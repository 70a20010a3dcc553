-- ===== src/Core/FreqStats.antt =====
-- src/core/LastPerMaps.h and .cpp, UrlFreqStats.h and .cpp: the most visited urls of the last hour
-- and day, and src/core/Types.cpp. Each method of `UrlFreqStats` is one step under its mutex.
pub mod Top
pub mod Reduce
use contentv.Prelude.{
  ℕ, ◌+◌, ◌-◌, ◌%◌, ◌^◌, max, String, List, [], ◌∷◌, Option, none, some, Bool, true, false, not,
  ◌&&◌, ltb, length, if◌then◌else◌, map,
}
use contentv.Prelude.Dict.{Dict, find, insert}
use contentv.Prelude.Sort.{sort_by, more}
use contentv.Prelude.Int.{ℤ, pos, negsuc}
use contentv.Core.Time.{Tp}
use contentv.Core.FreqMap.{UrlFreqMap, UrlVisit, UrlTpStat, UrlFreq}
use contentv.Core.FreqMap

pub record LastPerMaps : Type 0 where
  pub hour_map : UrlFreqMap
  pub day_map : UrlFreqMap

unfoldable pub new : LastPerMaps
unfolding FreqMap.new
new = record { hour_map = FreqMap.new 3600; day_map = FreqMap.new 86400 }

unfoldable pub max_size : LastPerMaps → ℕ
unfolding FreqMap.size
max_size m = max (FreqMap.size m.hour_map) (FreqMap.size m.day_map)

unfoldable pub insert_visit : LastPerMaps → UrlVisit → Tp → LastPerMaps
unfolding FreqMap.insert_visit
insert_visit m visit now = record {
  hour_map = FreqMap.insert_visit m.hour_map visit now;
  day_map = FreqMap.insert_visit m.day_map visit now;
}

unfoldable pub insert_visits_pack : LastPerMaps → UrlTpStat → Tp → LastPerMaps
unfolding FreqMap.insert_visits_pack
insert_visits_pack m uts now = record {
  hour_map = FreqMap.insert_visits_pack m.hour_map uts now;
  day_map = FreqMap.insert_visits_pack m.day_map uts now;
}

unfoldable pub merge : LastPerMaps → LastPerMaps → LastPerMaps
unfolding FreqMap.merge
merge m a = record {
  hour_map = FreqMap.merge m.hour_map a.hour_map;
  day_map = FreqMap.merge m.day_map a.day_map;
}

unfoldable pub get_top_hour_urls : LastPerMaps → List UrlFreq
unfolding FreqMap.get_top_urls
get_top_hour_urls m = FreqMap.get_top_urls m.hour_map

unfoldable pub get_top_day_urls : LastPerMaps → List UrlFreq
unfolding FreqMap.get_top_urls
get_top_day_urls m = FreqMap.get_top_urls m.day_map

-- `r_map.size() < _limit` compares a 64-bit unsigned size with an `int`, which becomes
-- 2 ^ 64 - k if it is -k: the default limit -1 is no limit.
unfoldable pub as_size : ℤ → ℕ
as_size (pos n) = n
as_size (negsuc n) = 2 ^ 64 - (n + 1)

-- The loop over the urls of the hour.
unfoldable pub take_hour : (String → Bool) → ℕ → List UrlFreq → Dict UrlFreq → Dict UrlFreq
take_hour filter limit [] r = r
take_hour filter limit (e ∷ es) r =
    take_hour filter limit es
      (if not (filter e.0) && ltb (length r) limit then insert e.0 e r else r)

-- The loop over the urls of the day: a url that is there already gets the day's count added.
unfoldable pub put_day : UrlFreq → Dict UrlFreq → Dict UrlFreq
put_day e r = elim (find e.0 r) [ none ↦ insert e.0 e r | some f ↦ insert e.0 (f.0, f.1 + e.1) r ]

unfoldable pub take_day : (String → Bool) → ℕ → List UrlFreq → Dict UrlFreq → Dict UrlFreq
unfolding put_day
take_day filter limit [] r = r
take_day filter limit (e ∷ es) r =
    take_day filter limit es (if not (filter e.0) && ltb (length r) limit then put_day e r else r)

-- The values of the map, as the loop with `push_back(it->second)` collects them.
abbrev pub values : Dict UrlFreq → List UrlFreq
values r = map (λ e. e.1) r

unfoldable pub get_top_urls : LastPerMaps → ℤ → (String → Bool) → List UrlFreq
unfolding take_hour take_day get_top_hour_urls get_top_day_urls as_size
get_top_urls m limit filter =
    let r = take_hour filter (as_size limit) (get_top_hour_urls m) [] in
    sort_by (more (λ e. e.1)) (values (take_day filter (as_size limit) (get_top_day_urls m) r))

-- The variant without a filter.
unfoldable pub get_top_urls_all : LastPerMaps → ℤ → List UrlFreq
unfolding get_top_urls
get_top_urls_all m limit = get_top_urls m limit (λ url. false)

-- src/core/Types.cpp: the frequencies of equal urls are added up.
unfoldable pub reduce_loop : List UrlFreq → Dict UrlFreq → Dict UrlFreq
unfolding put_day
reduce_loop [] u = u
reduce_loop (e ∷ es) u = reduce_loop es (put_day e u)

unfoldable pub reduce_url_freqs : List UrlFreq → List UrlFreq
unfolding reduce_loop
reduce_url_freqs urls = values (reduce_loop urls [])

----

WORK TO BE COMPLETED: Count the lines in the entries that hold the word "UrlFreqMap", and give nothing but the total.

SOLUTION: 3